Good documentation does not mean showing a fellow team member a process once and thinking “mission accomplished.” Good documentation means providing enough context for a teammate to be able to understand the problem space and product/service to support. This can come in the form of flow charts and diagrams, video demos and recordings, and documentation artifacts in a README or Confluence-like tool.
💡 An incredibly important part of documentation is writing good-quality tickets. If you don’t have time to put the entire context during ticket creation because of say an incident or some other scenario, that’s perfectly fine. However, do your best to get **back** to the ticket as soon as you can. There’s nothing worse for a fellow SRE teammate to read an empty ticket with a subject to “fix service A”. Further, it is also frustrating for the ticket author to forget “what exactly did I want to be fixed?” when reading back the same ticket, so always opt for more information over no information.
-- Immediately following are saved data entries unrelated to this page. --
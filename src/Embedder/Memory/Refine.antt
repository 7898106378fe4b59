-- ===== src/Embedder/Memory/Refine.antt =====
-- The memory service refines the log: `memory_write`, `memory_event` and `memory_promote` of
-- nodes/embedder_4070/server.py.
use project_nexus.Prelude.{
  ℕ, ◌≡◌, refl, Option, none, some, List, [], ◌∷◌, String, Option-cases, inl, inr, sym, ◌∙◌, subst,
  some_injective, none_ne_some,
}
use project_nexus.Embedder.Scopes.Defs.{promoted_id}
use project_nexus.Embedder.Memory.Chroma.{Row, Chroma}
use project_nexus.Embedder.Memory.Requests.{
  WriteRequest, PromoteRequest, EventRequest, ChunkSettings, resolve_session_id,
}
use project_nexus.Embedder.Memory.Endpoints.{memory_write, memory_event, memory_promote}
use project_nexus.Embedder.Memory.Log.{IsLogged, Log, same, Log-trans, Log-keeps, Log-IsLogged}
use project_nexus.Embedder.Memory.Steps.{write_session-Log, memory_event-Log, promote_target-Log}

-- What may stand under an id later: a row that stood there, and a provenanced one where none stood.
abbrev pub Since : {Vec : Type 0} → Option (Row Vec) → Option (Row Vec) → Type 0
Since (some row) after = after ≡ some row
Since none none = Unit
Since none (some row) = IsLogged row

Since-of :
    {Vec : Type 0} (before after : Option (Row Vec))
    → ((row : Row Vec) → before ≡ some row → after ≡ some row)
    → ((row : Row Vec) → before ≡ none → after ≡ some row → IsLogged row)
    → Since before after
Since-of (some row) after kept new = kept row refl
Since-of none none kept new = tt
Since-of none (some row) kept new = new row refl refl

-- The requests that may change the memory.
pub data Request : Type 0 where
  write : WriteRequest → Option String → Request
  event : String → EventRequest → Request
  promote : PromoteRequest → Request

module _ {Coll Vec Dist : Type 0} (db : Chroma Coll Vec Dist) (encode : String → Vec)
    (tokens : String → ℕ) (settings : ChunkSettings) where
  -- the collection after a request
  unfoldable pub handle : Request → Coll → Coll
  handle (write req header) c = (memory_write db encode tokens settings req header c).1
  handle (event hex req) c = (memory_event db encode hex req c).1
  handle (promote req) c = (memory_promote db encode req c).1

  unfoldable pub handle_all : List Request → Coll → Coll
  unfolding handle
  handle_all [] c = c
  handle_all (r ∷ rs) c = handle_all rs (handle r c)

  handle-Log : (r : Request) (c : Coll) → Log (db.get c) (db.get (handle r c))
  unfolding handle memory_write memory_promote
  handle-Log (write req header) c =
      write_session-Log db encode tokens settings req (resolve_session_id header) c
  handle-Log (event hex req) c = memory_event-Log db encode hex req c
  handle-Log (promote req) c =
      promote_target-Log db encode req (db.get c (promoted_id req.memory_id)) c

  rows_kept :
      (rs : List Request) (c : Coll) (i : String) (row : Row Vec)
      → db.get c i ≡ some row
      → db.get (handle_all rs c) i ≡ some row
  unfolding handle_all
  rows_kept [] c i row h = h
  rows_kept (r ∷ rs) c i row h =
      rows_kept rs (handle r c) i row (Log-keeps i row (handle-Log r c) h)

  rows-IsLogged :
      (rs : List Request) (c : Coll) (i : String) (row : Row Vec)
      → db.get c i ≡ none
      → db.get (handle_all rs c) i ≡ some row
      → IsLogged row
  unfolding handle_all
  rows-IsLogged [] c i row h k = absurd (none_ne_some (sym h ∙ k))
  rows-IsLogged (r ∷ rs) c i row h k = elim (Option-cases (db.get (handle r c) i)) [
    | inl e ↦ rows-IsLogged rs (handle r c) i row e k
    | inr (first, e) ↦
        subst IsLogged (some_injective (sym (rows_kept rs (handle r c) i first e) ∙ k))
          (Log-IsLogged i first (handle-Log r c) h e)
  ]

  all-Log : (rs : List Request) (c : Coll) → Log (db.get c) (db.get (handle_all rs c))
  unfolding handle_all
  all-Log [] c = same
  all-Log (r ∷ rs) c = Log-trans (handle-Log r c) (all-Log rs (handle r c))

  -- Any sequence of requests to `/memory/write`, `/memory/event` and `/memory/promote`, whatever
  -- they ask, is a run of the log, which puts rows with a scope that their member may read and a
  -- known origin under free ids: no stored row changes or goes away, and every row that comes has
  -- such a scope and origin.
  pub memory_refines :
      (rs : List Request) (c : Coll)
      → Log (db.get c) (db.get (handle_all rs c))
        × ((i : String) → Since (db.get c i) (db.get (handle_all rs c) i))
  memory_refines rs c = (
    all-Log rs c,
    λ i.
        Since-of (db.get c i) (db.get (handle_all rs c) i) (rows_kept rs c i)
          (rows-IsLogged rs c i),
  )
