-- ===== src/Embedder/Memory/Shelf.antt =====
-- A collection in memory that keeps the laws of Chroma, for the runs: a dict of rows, whose search
-- gives the selected rows in their order.
use project_nexus.Prelude.{
  ℕ, ◌≡◌, refl, ap, Bool, true, false, not, Option, none, some, List, [], ◌∷◌, String, ◌==◌, All,
  All-take, take, map, if◌then◌else◌, Bool-cases, inl, inr, arith, eq_iff, ◌∙◌, ◌&&◌,
}
use project_nexus.Prelude.Int.{ℤ, pos, negsuc}
use project_nexus.Py.Dict.{Dict, lookup, insert, keys, lookup-insert}
use project_nexus.Py.Value.{Value, str}
use project_nexus.Embedder.Scopes.Defs.{
  Meta, Condition, Where, is, is_in, is_not, single, all_of, among, meta_or_empty,
}
use project_nexus.Embedder.Memory.Chroma.{Row, Hit, Chroma, first_of}

abbrev pub Shelf : Type 0
Shelf = Dict (Row ℕ)

-- the shelf with a row under `i`, unless one stands there
unfoldable pub place : Option (Row ℕ) → String → Row ℕ → Shelf → Shelf
place none i row c = insert i row c
place (some kept) i row c = c

unfoldable pub put_new : Dict (Row ℕ) → Shelf → Shelf
unfolding place
put_new [] c = c
put_new ((i, row) ∷ batch) c = put_new batch (place (lookup i c) i row c)

lookup-place :
    (o : Option (Row ℕ)) (j : String) (row : Row ℕ) (c : Shelf) (i : String)
    → lookup j c ≡ o
    → lookup i (place o j row c) ≡ first_of (lookup i c) (if j == i then some row else none)
unfolding place
lookup-place none j row c i h = ground (arith, eq_iff j i, lookup-insert j i row c)
lookup-place (some kept) j row c i h = ground (arith, eq_iff j i)

first_of_assoc : (o p q : Option (Row ℕ)) → first_of (first_of o p) q ≡ first_of o (first_of p q)
first_of_assoc none p q = refl
first_of_assoc (some row) p q = refl

first_of_if :
    (b : Bool) (row : Row ℕ) (o : Option (Row ℕ))
    → first_of (if b then some row else none) o ≡ (if b then some row else o)
first_of_if true row o = refl
first_of_if false row o = refl

pub lookup-put_new :
    (batch : Dict (Row ℕ)) (c : Shelf) (i : String)
    → lookup i (put_new batch c) ≡ first_of (lookup i c) (lookup i batch)
unfolding put_new lookup
lookup-put_new [] c i = ground arith
lookup-put_new ((j, row) ∷ batch) c i =
    lookup-put_new batch (place (lookup j c) j row c) i
    ∙ ap (λ o. first_of o (lookup i batch)) (lookup-place (lookup j c) j row c i refl)
    ∙ first_of_assoc (lookup i c) _ (lookup i batch)
    ∙ ap (first_of (lookup i c)) (first_of_if (j == i) row (lookup i batch))

unfoldable pub value_in : List String → Option Value → Bool
value_in xs (some (str s)) = among s xs
value_in xs v = false

unfoldable pub value_is : String → Option Value → Bool
value_is x (some (str s)) = s == x
value_is x v = false

unfoldable pub meets : Condition → Meta → Bool
unfolding value_in value_is
meets (is_in f xs) meta = value_in xs (lookup f meta)
meets (is f x) meta = value_is x (lookup f meta)
meets (is_not f x) meta = not (value_is x (lookup f meta))

unfoldable pub meets_all : List Condition → Meta → Bool
unfolding meets
meets_all [] meta = true
meets_all (q ∷ conds) meta = let rest = meets_all conds meta in meets q meta && rest

unfoldable pub shelf_selects : Where → Option Meta → Bool
unfolding meets_all
shelf_selects (single q) meta = meets q (meta_or_empty meta)
shelf_selects (all_of conds) meta = meets_all conds (meta_or_empty meta)

-- the row of `i`, if it is selected
unfoldable pub if_selected : Where → String → Option (Row ℕ) → Dict (Row ℕ) → Dict (Row ℕ)
unfolding shelf_selects
if_selected w i none rest = rest
if_selected w i (some row) rest = if shelf_selects w row.metadata then (i, row) ∷ rest else rest

unfoldable pub gather : Where → Shelf → List String → Dict (Row ℕ)
unfolding if_selected
gather w c [] = []
gather w c (i ∷ ids) = if_selected w i (lookup i c) (gather w c ids)

unfoldable pub IsFound : Where → Shelf → String × Row ℕ → Type 0
IsFound w c e = (lookup e.0 c ≡ some e.1) × (shelf_selects w e.1.metadata ≡ true)

if_selected-IsFound :
    (w : Where) (c : Shelf) (i : String) (o : Option (Row ℕ)) (rest : Dict (Row ℕ))
    → lookup i c ≡ o
    → All (IsFound w c) rest
    → All (IsFound w c) (if_selected w i o rest)
unfolding if_selected IsFound
if_selected-IsFound w c i none rest e h = h
if_selected-IsFound w c i (some row) rest e h = elim (Bool-cases (shelf_selects w row.metadata)) [
  | inl t ↦ rw t ((e, t), h)
  | inr t ↦ rw t h
]

pub gather-IsFound :
    (w : Where) (c : Shelf) (ids : List String) → All (IsFound w c) (gather w c ids)
unfolding gather
gather-IsFound w c [] = tt
gather-IsFound w c (i ∷ ids) =
    if_selected-IsFound w c i (lookup i c) _ refl (gather-IsFound w c ids)

unfoldable pub as_hit : String × Row ℕ → Hit ℕ ℕ
as_hit e = record { id = e.0; row = e.1; distance = none }

unfoldable pub IsHit : Where → Shelf → Hit ℕ ℕ → Type 0
IsHit w c hit = (lookup hit.id c ≡ some hit.row) × (shelf_selects w hit.row.metadata ≡ true)

pub hits-IsHit :
    (w : Where) (c : Shelf) (rows : Dict (Row ℕ))
    → All (IsFound w c) rows
    → All (IsHit w c) (map as_hit rows)
unfolding IsFound IsHit as_hit
hits-IsHit w c [] h = tt
hits-IsHit w c (e ∷ rows) h = (h.0, hits-IsHit w c rows h.1)

abbrev pub count_of : ℤ → ℕ
count_of (pos n) = n
count_of (negsuc n) = 0

pub value_in_inv :
    (xs : List String) (v : Option Value)
    → value_in xs v ≡ true
    → (s : String) × (v ≡ some (str s)) × (among s xs ≡ true)
unfolding value_in
value_in_inv xs (some (str s)) h = (s, refl, h)
value_in_inv xs none h = absurd (ground arith)
value_in_inv xs (some v) h = absurd (ground arith)

pub value_is_inv : (x : String) (v : Option Value) → value_is x v ≡ true → v ≡ some (str x)
unfolding value_is
value_is_inv x (some (str s)) h = ground (arith, eq_iff s x)
value_is_inv x none h = absurd (ground arith)
value_is_inv x (some v) h = absurd (ground arith)

pub meets_all_inv :
    (conds : List Condition) (meta : Option Meta)
    → meets_all conds (meta_or_empty meta) ≡ true
    → All (λ q. shelf_selects (single q) meta ≡ true) conds
unfolding meets_all shelf_selects
meets_all_inv [] meta h = tt
meets_all_inv (q ∷ conds) meta h = (ground arith, meets_all_inv conds meta (ground arith))

unfoldable pub shelf : Chroma Shelf ℕ ℕ
unfolding put_new gather shelf_selects IsHit IsFound as_hit
shelf = record {
  get = λ c i. lookup i c;
  add = put_new;
  search = λ c v k w. map as_hit (take (count_of k) (gather w c (keys c)));
  fetch = λ c w limit. take limit (gather w c (keys c));
  selects = shelf_selects;
  get-add = lookup-put_new;
  search_found = λ c v k w.
      hits-IsHit w c _ (All-take (IsFound w c) (count_of k) _ (gather-IsFound w c (keys c)));
  fetch_found = λ c w limit. All-take (IsFound w c) limit _ (gather-IsFound w c (keys c));
  selects_in = λ f xs meta h. value_in_inv xs (lookup f (meta_or_empty meta)) h;
  selects_is = λ f x meta h. value_is_inv x (lookup f (meta_or_empty meta)) h;
  selects_all = meets_all_inv;
}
Your SRE team could specify templates for tickets that include:
- Issue description/details
- How to reproduce (when dealing with bugs or misconfigurations)
- Acceptance criteria
These can take your tickets from average to great and certainly help provide a shared context and working agreement for the entire SRE team!
There will always be a plethora of tools, languages, and technologies required to be successful in an SRE team or SRE role. These are forever changing, as evidenced by what was popular five, ten, 15, and 20 years ago. However, it is truly in your best interest to place importance on sharpening these timeless non-technical skills as well. Often, these can be the differentiator between good or great SRE teams and SRE team members.